● Source records:
=== Section Start ===
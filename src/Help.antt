-- ===== src/Help.antt =====
-- The help centre: apps/api/src/help/engine.ts. Articles, actors and what an actor may see.
pub mod Search
pub mod Answer
pub mod Lease
pub mod Question
mod Examples
use hanamaru_shientool_prod.Prelude.{
  String, Bool, true, false, ◌&&◌, ◌||◌, List, [], ◌∷◌, any, all, keep, if◌then◌else◌,
}
use hanamaru_shientool_prod.Prelude.Text.{str_eq}

pub record Actor : Type 0 where
  pub id : String
  pub roles : List String
  pub features : List (String × Bool)

pub record Section : Type 0 where
  pub id : String
  pub title : String
  pub text : String

pub record Link : Type 0 where
  pub label : String
  pub href : String

-- `category`, `audience` and `updated` are shown by the pages alone and are left out.
pub record Article : Type 0 where
  pub slug : String
  pub title : String
  pub roles : List String
  pub features : List String
  pub screens : List Link
  pub keywords : List String
  pub body : String
  pub sections : List Section

pub record OtherApp : Type 0 where
  pub label : String
  pub href : String
  pub keywords : List String

pub record Catalog : Type 0 where
  pub articles : List Article
  pub other_apps : List OtherApp

-- `roles.includes(r)`.
abbrev pub includes : List String → String → Bool
includes rs r = any (str_eq r) rs

-- `actor.features[f] === true`.
abbrev pub is_on : List (String × Bool) → String → Bool
is_on [] f = false
is_on ((g, b) ∷ fs) f = let rest = is_on fs f in if str_eq g f then b else rest

abbrev pub may_see : Actor → Article → Bool
may_see actor a =
    (none_required a.roles || any (includes a.roles) actor.roles)
    && all (is_on actor.features) a.features
  where
    none_required : List String → Bool
    none_required [] = true
    none_required (r ∷ rs) = false

-- `visibleArticles`.
unfoldable pub visible_articles : Catalog → Actor → List Article
visible_articles catalog actor = keep (may_see actor) catalog.articles
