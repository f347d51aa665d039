-- ===== src/Prelude/Substrings.antt =====
-- Searching a text for another, and leaving characters out.
use Prim.Native.Char.{Char, code}
use Prim.Native.String.{String, [], ◌∷◌}
use mathlib.Core.Bool.{Bool, true, false, ◌&&◌, ◌||◌}
use hanamaru_shientool_prod.Prelude.{◌==◌, if◌then◌else◌}
use hanamaru_shientool_prod.Prelude.Text.{is_empty}

abbrev pub starts : String → String → Bool
starts [] s = true
starts (c ∷ w) [] = false
starts (c ∷ w) (d ∷ s) = code c == code d && starts w s

-- `s.includes(w)`.
unfoldable pub contains : String → String → Bool
contains [] w = is_empty w
contains (c ∷ s) w = starts w (c ∷ s) || contains s w

-- A text without the characters of a class.
unfoldable pub drop_chars : (Char → Bool) → String → String
drop_chars p [] = []
drop_chars p (c ∷ s) = let rest = drop_chars p s in if p c then rest else c ∷ rest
=== Section End ===
● EXERCISE:
Up to and including the line with "pub record Link : Type 0 where", restate the records above word for word from the very first line.

● WRITTEN SOLUTION:
filename src/Help.antt
-- ===== src/Help.antt =====
-- The help centre: apps/api/src/help/engine.ts. Articles, actors and what an actor may see.
pub mod Search
pub mod Answer
pub mod Lease
pub mod Question
mod Examples
use hanamaru_shientool_prod.Prelude.{
  String, Bool, true, false, ◌&&◌, ◌||◌, List, [], ◌∷◌, any, all, keep, if◌then◌else◌,
}
use hanamaru_shientool_prod.Prelude.Text.{str_eq}

pub record Actor : Type 0 where
  pub id : String
  pub roles : List String
  pub features : List (String × Bool)

pub record Section : Type 0 where
  pub id : String
  pub title : String
  pub text : String

pub record Link : Type 0 where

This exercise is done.